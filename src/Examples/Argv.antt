-- ===== src/Examples/Argv.antt =====
-- The argv of "/bin/d -f".
use ninit.Prelude.{
  ℕ, ◌+◌, ◌≤◌, ◌≡◌, refl, List, [], ◌∷◌, All, none, some, leb, length, if◌then◌else◌, arith,
}
use ninit.Argv.{
  max_exec_args, too_many, str_len, str_at, str_skip, str_fits, direct_args, direct_problem,
  argv_of, encode,
}
use ninit.Argv.Bounded.{direct_problem-argv}
use ninit.Argv.Decoded.{IsWord, argv_of-encode, direct_problem-encode}

abbrev command : List ℕ
command = 47 ∷ 98 ∷ 105 ∷ 110 ∷ 47 ∷ 100 ∷ []

abbrev flag : List ℕ
flag = 45 ∷ 102 ∷ []

-- the next string of the table stands behind it
abbrev table : List ℕ
table = encode (command ∷ flag ∷ []) (120 ∷ 0 ∷ [])

accepted : direct_problem table ≡ none
unfolding direct_problem direct_args str_fits str_len str_at str_skip encode
accepted = refl

direct_problem-argv_example :
    (1 + length (argv_of 9 table) + 1 ≤ max_exec_args + 2)
    × All (λ a. length a ≤ 4096) (argv_of 9 table)
direct_problem-argv_example = direct_problem-argv table 9 accepted

nonzero : {c : ℕ} → 1 ≤ c → c ≡ 0 → ⊥
nonzero l e = absurd (omega (arith, l, e))

command-IsWord : IsWord command
command-IsWord = (
  nonzero (omega arith),
  (
    nonzero (omega arith),
    (
      nonzero (omega arith),
      (nonzero (omega arith), (nonzero (omega arith), (nonzero (omega arith), tt))),
    ),
  ),
)

flag-IsWord : IsWord flag
flag-IsWord = (nonzero (omega arith), (nonzero (omega arith), tt))

argv_of-encode_example : argv_of 9 table ≡ command ∷ flag ∷ []
argv_of-encode_example =
    argv_of-encode (command ∷ flag ∷ []) (120 ∷ 0 ∷ []) 9 (command-IsWord, (flag-IsWord, tt))
      (omega arith)

direct_problem-encode_example :
    direct_problem (encode (command ∷ flag ∷ []) [])
    ≡ (if leb (length (command ∷ flag ∷ [])) max_exec_args then none else some too_many)
direct_problem-encode_example =
    direct_problem-encode command (flag ∷ []) [] command-IsWord (flag-IsWord, tt) (omega arith) refl
      (omega arith, tt)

_ABOUT THIS EXERCISE_
Each line of the material is to be returned precisely as written.

_OUTPUT BELOW_
filename src/Examples/Argv.antt
-- ===== src/Examples/Argv.antt =====
-- The argv of "/bin/d -f".
use ninit.Prelude.{
  ℕ, ◌+◌, ◌≤◌, ◌≡◌, refl, List, [], ◌∷◌, All, none, some, leb, length, if◌then◌else◌, arith,
}
use ninit.Argv.{
  max_exec_args, too_many, str_len, str_at, str_skip, str_fits, direct_args, direct_problem,
  argv_of, encode,
}
use ninit.Argv.Bounded.{direct_problem-argv}
use ninit.Argv.Decoded.{IsWord, argv_of-encode, direct_problem-encode}

abbrev command : List ℕ
command = 47 ∷ 98 ∷ 105 ∷ 110 ∷ 47 ∷ 100 ∷ []

abbrev flag : List ℕ
flag = 45 ∷ 102 ∷ []

-- the next string of the table stands behind it
abbrev table : List ℕ
table = encode (command ∷ flag ∷ []) (120 ∷ 0 ∷ [])

accepted : direct_problem table ≡ none
unfolding direct_problem direct_args str_fits str_len str_at str_skip encode
accepted = refl

direct_problem-argv_example :
    (1 + length (argv_of 9 table) + 1 ≤ max_exec_args + 2)
    × All (λ a. length a ≤ 4096) (argv_of 9 table)
direct_problem-argv_example = direct_problem-argv table 9 accepted

nonzero : {c : ℕ} → 1 ≤ c → c ≡ 0 → ⊥
nonzero l e = absurd (omega (arith, l, e))

command-IsWord : IsWord command
command-IsWord = (
  nonzero (omega arith),
  (
    nonzero (omega arith),
    (
      nonzero (omega arith),
      (nonzero (omega arith), (nonzero (omega arith), (nonzero (omega arith), tt))),
    ),
  ),
)

flag-IsWord : IsWord flag
flag-IsWord = (nonzero (omega arith), (nonzero (omega arith), tt))

argv_of-encode_example : argv_of 9 table ≡ command ∷ flag ∷ []
argv_of-encode_example =
    argv_of-encode (command ∷ flag ∷ []) (120 ∷ 0 ∷ []) 9 (command-IsWord, (flag-IsWord, tt))
      (omega arith)

direct_problem-encode_example :
    direct_problem (encode (command ∷ flag ∷ []) [])
    ≡ (if leb (length (command ∷ flag ∷ [])) max_exec_args then none else some too_many)
direct_problem-encode_example =
    direct_problem-encode command (flag ∷ []) [] command-IsWord (flag-IsWord, tt) (omega arith) refl
      (omega arith, tt)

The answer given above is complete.